An alias for async::future<void> - an async operation with no return value.

async::blocked_by

An enum describing what a coroutine is blocked by:

  • nothing - Ready to run
  • io - Blocked by I/O operation
  • sync - Blocked by resource contention (mutex, semaphore)
  • external - Blocked by external coroutine system
  • time - Blocked until a duration elapses

The state of this can be found from the async::context::state(). All states besides time are safe to resume at any point. If a context has been blocked by time, then it must defer calling resume until that time has elapsed.

Usage

Basic Coroutine

import async_context;

async::future<int> compute(async::context& p_ctx) {
    co_return 42;
}

Awaiting Time

async::future<void> delay_example(async::context& p_ctx) {
    using namespace std::chrono_literals;
    co_await 100ms;  // Request the scheduler resume this coroutine >= 100ms
    co_return;
}

Awaiting I/O

async::future<void> io_example(async::context& p_ctx) {
    dma_controller.on_completion([&p_ctx]() {
      p_ctx.unblock();
    });

    // Start DMA transaction...

    while (!dma_complete) {
        co_await p_ctx.block_by_io();
    }
    co_return;
}

Please note that this coroutine has a loop where it continually reports that its blocked by IO. It is important that any coroutine blocking by IO check if the IO has completed before proceeding. If not, it must co_await ctx.block_by_io(); at some point to give control back to the resumer.

Composing Coroutines

async::future<int> inner(async::context& p_ctx) {
    co_return 10;
}

async::future<int> outer(async::context& p_ctx) {
    int value = co_await inner(p_ctx);
    co_return value * 2;
}

Custom Context Implementation

class my_context : public async::context {
public:
    std::array<async::uptr, 1024> m_stack{};

    my_context() {
        initialize_stack_memory(m_stack);
    }
    ~my_context() {
        // ‼️ The most derived context must call cancel in its destructor
        cancel();
        // If memory was allocated, deallocate it here...
    }

private:
    void do_schedule(async::blocked_by p_state,
                     async::block_info p_info) noexcept override {
        // Notify your scheduler of state changes
    }
};

Initialization

In order to create a usable custom context, the stack memory must be initialized with a call to initialize_stack_memory(span) with a span to the memory for the stack. There is no requirements of where this memory comes from except that it be a valid source. Such sources can be array thats member of this object, dynamically allocated memory that the context has sole ownership of, or it can point to statically allocated memory that it has sole control and ownership over.

Destruction

The custom context must call cancel() before deallocating the stack memory. Once cancel completes, the stack memory may be deallocated.

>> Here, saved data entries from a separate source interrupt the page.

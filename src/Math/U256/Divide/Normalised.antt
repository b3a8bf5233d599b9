-- ===== src/Math/U256/Divide/Normalised.antt =====
-- The division of normalised numbers, as `div` sets it up.
use elysium_dex.Base.{
  ℕ, ◌+◌, ◌-◌, ◌*◌, ◌/◌, ◌^◌, ◌<◌, ◌≡◌, ◌⊎◌, inl, inr, refl, sym, ap, ◌∙◌, arith, Bool,
}
use elysium_dex.Errors.{panic}
use elysium_dex.Math.U256.{U256Muldiv, items, zero_u256, get_word, shift_left}
use elysium_dex.Math.U256.Value.{value, AreWords, u256_mod}
use elysium_dex.Math.U256.Shift.{power_positive}
use elysium_dex.Math.U256.Shift.Whole.{value-small}
use elysium_dex.Math.U256.Divide.{leading_zeros, long_division, div_normalised}
use elysium_dex.Math.U256.Divide.Steps.{then_returns}
use elysium_dex.Math.U256.Divide.Rounds.{
  then_panics, digits_3_2, digits_4_2, digits_3_3, digits_4_3, digits_4_4,
}
use elysium_dex.Math.U256.Divide.Normalise.{shifted-value, carry_space-value}
use native.Mathlib.Nat.{zero-div, pow-le-pow_right, mul-lt-mul_of_pos_right}
use elysium_dex.Math.U256.Divide.Words.{tops}
use elysium_dex.Math.U256.Divide.Scaled.{
  Divides, IsOverestimated, Overestimates-Overshoots, finish, divisor_2, divisor_3, divisor_4,
}

-- The shifted dividend of three words, whose fourth word is what the shift moves up, and that of
-- four, where that goes to the carry space.
dividend_3 :
    (u0 u1 u2 s : ℕ)
    → AreWords (items u0 u1 u2 0)
    → s < 64
    → AreWords (shift_left (items u0 u1 u2 0) s)
      × (value (shift_left (items u0 u1 u2 0) s) ≡ value (items u0 u1 u2 0) * 2 ^ s)
      × ((shift_left (items u0 u1 u2 0) s).item_3 < 2 ^ 63)
dividend_3 u0 u1 u2 s (h0, h1, h2, h3) hs =
    let u = items u0 u1 u2 0 in
    let (words, e) = shifted-value u s (h0, h1, h2, h3) hs in
    let gone : 0 / 2 ^ (64 - s) ≡ 0 = zero-div (2 ^ (64 - s)) in
    let whole : value (shift_left u s) ≡ value u * 2 ^ s = omega (arith, e, gone) in
    let power = pow-le-pow_right {n = 2} (omega arith) {i = s} {j = 63} (omega arith) in
    let below : value u * 2 ^ s < 2 ^ 192 * 2 ^ s =
      mul-lt-mul_of_pos_right (omega arith) (power_positive s) in
    (words, whole, omega (arith, whole, power, below))

dividend_4 :
    (u : U256Muldiv) (s : ℕ)
    → AreWords u
    → s < 64
    → AreWords (shift_left u s)
      × (value (shift_left u s) + u256_mod * (u.item_3 / 2 ^ (64 - s)) ≡ value u * 2 ^ s)
      × (u.item_3 / 2 ^ (64 - s) < 2 ^ 63)
dividend_4 u s words hs =
    let (moved, e) = shifted-value u s words hs in
    let power = pow-le-pow_right {n = 2} (omega arith) {i = s} {j = 63} (omega arith) in
    let below : value u * 2 ^ s < u256_mod * 2 ^ s =
      mul-lt-mul_of_pos_right (value-small u words) (power_positive s) in
    (moved, e, omega (arith, e, power, below))

pub normalised_3_2 :
    (u0 u1 u2 v0 v1 : ℕ) (flag : Bool)
    → AreWords (items u0 u1 u2 0)
    → AreWords (items v0 v1 0 0)
    → 0 < v1
    → Divides
        (items u0 u1 u2 0)
        (items v0 v1 0 0)
        flag
        (div_normalised 3 2 (items u0 u1 u2 0) (items v0 v1 0 0) flag)
unfolding div_normalised get_word
normalised_3_2 u0 u1 u2 v0 v1 flag hu hv positive =
    let u = items u0 u1 u2 0 in
    let v = items v0 v1 0 0 in
    let s = leading_zeros 64 v1 in
    let x = shift_left u s in
    let w = shift_left v s in
    let (hs, same, words, top, scaled) = divisor_2 v0 v1 hv positive in
    let (moved, whole, small) = dividend_3 u0 u1 u2 s hu hs in
    let (q, r, returns, wq, wr, equation, below) =
      digits_3_2 x.item_0 x.item_1 x.item_2 x.item_3 w.item_0 w.item_1 moved words top
        (omega arith) in
    finish u v flag s q r (div_normalised 3 2 (items u0 u1 u2 0) (items v0 v1 0 0) flag)
      (omega arith) wq wr (omega (arith, whole, equation, ap (λ y. value q * y) scaled))
      (omega (arith, below, scaled))
      (then_returns _ _ (ap (λ z. long_division 2 2 x 0 z zero_u256) same ∙ returns) refl)

pub normalised_3_3 :
    (u0 u1 u2 v0 v1 v2 : ℕ) (flag : Bool)
    → AreWords (items u0 u1 u2 0)
    → AreWords (items v0 v1 v2 0)
    → 0 < v2
    → Divides
        (items u0 u1 u2 0)
        (items v0 v1 v2 0)
        flag
        (div_normalised 3 3 (items u0 u1 u2 0) (items v0 v1 v2 0) flag)
unfolding div_normalised get_word
normalised_3_3 u0 u1 u2 v0 v1 v2 flag hu hv positive =
    let u = items u0 u1 u2 0 in
    let v = items v0 v1 v2 0 in
    let s = leading_zeros 64 v2 in
    let x = shift_left u s in
    let w = shift_left v s in
    let (hs, same, words, top, scaled) = divisor_3 v0 v1 v2 hv positive in
    let (moved, whole, small) = dividend_3 u0 u1 u2 s hu hs in
    let (q, r, returns, wq, wr, equation, below) =
      digits_3_3 x.item_0 x.item_1 x.item_2 x.item_3 w.item_0 w.item_1 w.item_2 moved words top
        (omega arith) in
    finish u v flag s q r (div_normalised 3 3 (items u0 u1 u2 0) (items v0 v1 v2 0) flag)
      (omega arith) wq wr (omega (arith, whole, equation, ap (λ y. value q * y) scaled))
      (omega (arith, below, scaled))
      (then_returns _ _ (ap (λ z. long_division 1 3 x 0 z zero_u256) same ∙ returns) refl)

pub normalised_4_2 :
    (u0 u1 u2 u3 v0 v1 : ℕ) (flag : Bool)
    → AreWords (items u0 u1 u2 u3)
    → AreWords (items v0 v1 0 0)
    → 0 < v1
    → Divides
        (items u0 u1 u2 u3)
        (items v0 v1 0 0)
        flag
        (div_normalised 4 2 (items u0 u1 u2 u3) (items v0 v1 0 0) flag)
unfolding div_normalised get_word
normalised_4_2 u0 u1 u2 u3 v0 v1 flag hu hv positive =
    let u = items u0 u1 u2 u3 in
    let v = items v0 v1 0 0 in
    let s = leading_zeros 64 v1 in
    let x = shift_left u s in
    let w = shift_left v s in
    let (hs, same, words, top, scaled) = divisor_2 v0 v1 hv positive in
    let (moved, whole, small) = dividend_4 u s hu hs in
    let c = u3 / 2 ^ (64 - s) in
    let (q, r, returns, wq, wr, equation, below) =
      digits_4_2 x.item_0 x.item_1 x.item_2 x.item_3 c w.item_0 w.item_1 moved words top
        (omega arith) in
    finish u v flag s q r (div_normalised 4 2 (items u0 u1 u2 u3) (items v0 v1 0 0) flag)
      (omega arith) wq wr (omega (arith, whole, equation, ap (λ y. value q * y) scaled))
      (omega (arith, below, scaled))
      (then_returns _ _
        (ap (λ z. long_division 3 2 x z w zero_u256) (carry_space-value u3 s hu.3 hs)
          ∙ ap (λ z. long_division 3 2 x c z zero_u256) same
          ∙ returns)
        refl)

pub normalised_4_3 :
    (u0 u1 u2 u3 v0 v1 v2 : ℕ) (flag : Bool)
    → AreWords (items u0 u1 u2 u3)
    → AreWords (items v0 v1 v2 0)
    → 0 < v2
    → Divides
        (items u0 u1 u2 u3)
        (items v0 v1 v2 0)
        flag
        (div_normalised 4 3 (items u0 u1 u2 u3) (items v0 v1 v2 0) flag)
      ⊎ (div_normalised 4 3 (items u0 u1 u2 u3) (items v0 v1 v2 0) flag ≡ panic
          × IsOverestimated (items u0 u1 u2 u3) (items v0 v1 v2 0))
unfolding div_normalised get_word
normalised_4_3 u0 u1 u2 u3 v0 v1 v2 flag hu hv positive =
    let u = items u0 u1 u2 u3 in
    let v = items v0 v1 v2 0 in
    let s = leading_zeros 64 v2 in
    let x = shift_left u s in
    let w = shift_left v s in
    let (hs, same, words, top, scaled) = divisor_3 v0 v1 v2 hv positive in
    let (moved, whole, small) = dividend_4 u s hu hs in
    let c = u3 / 2 ^ (64 - s) in
    elim (digits_4_3 x.item_0 x.item_1 x.item_2 x.item_3 c w.item_0 w.item_1 w.item_2 moved words
      top (omega arith)) [
        | inl (q, r, returns, wq, wr, equation, below) ↦ inl (
            finish u v flag s q r (div_normalised 4 3 (items u0 u1 u2 u3) (items v0 v1 v2 0) flag)
              (omega arith) wq wr (omega (arith, whole, equation, ap (λ y. value q * y) scaled))
              (omega (arith, below, scaled))
              (then_returns _ _
                (ap (λ z. long_division 2 3 x z w zero_u256) (carry_space-value u3 s hu.3 hs)
                  ∙ ap (λ z. long_division 2 3 x c z zero_u256) same
                  ∙ returns)
                refl))
        | inr (panics, over) ↦ inr (
          then_panics _ _ (
              ap (λ z. long_division 2 3 x z w zero_u256) (carry_space-value u3 s hu.3 hs)
              ∙ ap (λ z. long_division 2 3 x c z zero_u256) same
              ∙ panics),
          (
            s,
            inl (
              omega (arith, scaled, top, words),
              omega (arith, scaled, words),
              Overestimates-Overshoots (tops w.item_2 w.item_1 c x.item_3 x.item_2) _ _
                  (value u * 2 ^ s) (value v * 2 ^ s) (2 ^ 64) (2 ^ 64) over (sym scaled)
                  (omega (arith, scaled, words)) (omega (arith, whole, moved))
                  (omega (arith, whole, moved)),
            ),
          ),
        )
      ]

pub normalised_4_4 :
    (u0 u1 u2 u3 v0 v1 v2 v3 : ℕ) (flag : Bool)
    → AreWords (items u0 u1 u2 u3)
    → AreWords (items v0 v1 v2 v3)
    → 0 < v3
    → Divides
        (items u0 u1 u2 u3)
        (items v0 v1 v2 v3)
        flag
        (div_normalised 4 4 (items u0 u1 u2 u3) (items v0 v1 v2 v3) flag)
      ⊎ (div_normalised 4 4 (items u0 u1 u2 u3) (items v0 v1 v2 v3) flag ≡ panic
          × IsOverestimated (items u0 u1 u2 u3) (items v0 v1 v2 v3))
unfolding div_normalised get_word
normalised_4_4 u0 u1 u2 u3 v0 v1 v2 v3 flag hu hv positive =
    let u = items u0 u1 u2 u3 in
    let v = items v0 v1 v2 v3 in
    let s = leading_zeros 64 v3 in
    let x = shift_left u s in
    let w = shift_left v s in
    let (hs, same, words, top, scaled) = divisor_4 v0 v1 v2 v3 hv positive in
    let (moved, whole, small) = dividend_4 u s hu hs in
    let c = u3 / 2 ^ (64 - s) in
    elim (digits_4_4 x.item_0 x.item_1 x.item_2 x.item_3 c w.item_0 w.item_1 w.item_2 w.item_3 moved
      words top (omega arith)) [
        | inl (q, r, returns, wq, wr, equation, below) ↦ inl (
            finish u v flag s q r (div_normalised 4 4 (items u0 u1 u2 u3) (items v0 v1 v2 v3) flag)
              (omega arith) wq wr (omega (arith, whole, equation, ap (λ y. value q * y) scaled))
              (omega (arith, below, scaled))
              (then_returns _ _
                (ap (λ z. long_division 1 4 x z w zero_u256) (carry_space-value u3 s hu.3 hs)
                  ∙ ap (λ z. long_division 1 4 x c z zero_u256) same
                  ∙ returns)
                refl))
        | inr (panics, over) ↦ inr (
          then_panics _ _ (
              ap (λ z. long_division 1 4 x z w zero_u256) (carry_space-value u3 s hu.3 hs)
              ∙ ap (λ z. long_division 1 4 x c z zero_u256) same
              ∙ panics),
          (
            s,
            inr (
              omega (arith, scaled, top, words),
              omega (arith, scaled, words),
              Overestimates-Overshoots (tops w.item_3 w.item_2 c x.item_3 x.item_2) _ _
                  (value u * 2 ^ s) (value v * 2 ^ s) (2 ^ 128) 1 over (sym scaled)
                  (omega (arith, scaled, words)) (omega (arith, whole, moved))
                  (omega (arith, whole, moved)),
            ),
          ),
        )
      ]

Using basic_context with sync_wait

class simple_context : public async::basic_context {
public:
    std::array<async::uptr, 8192> m_stack{};

    simple_context() {
        initialize_stack_memory(m_stack);
    }

    ~simple_context() {
        cancel();
    }
};

simple_context ctx;
auto future = my_coroutine(ctx);
ctx.sync_wait([](async::sleep_duration p_sleep_time) {
    std::this_thread::sleep_for(p_sleep_time);
});

Exception Handling

Exceptions thrown in coroutines are propagated through the coroutine chain until it reaches the top level coroutine. When the top level is reached, the exception will be thrown from a call to .resume().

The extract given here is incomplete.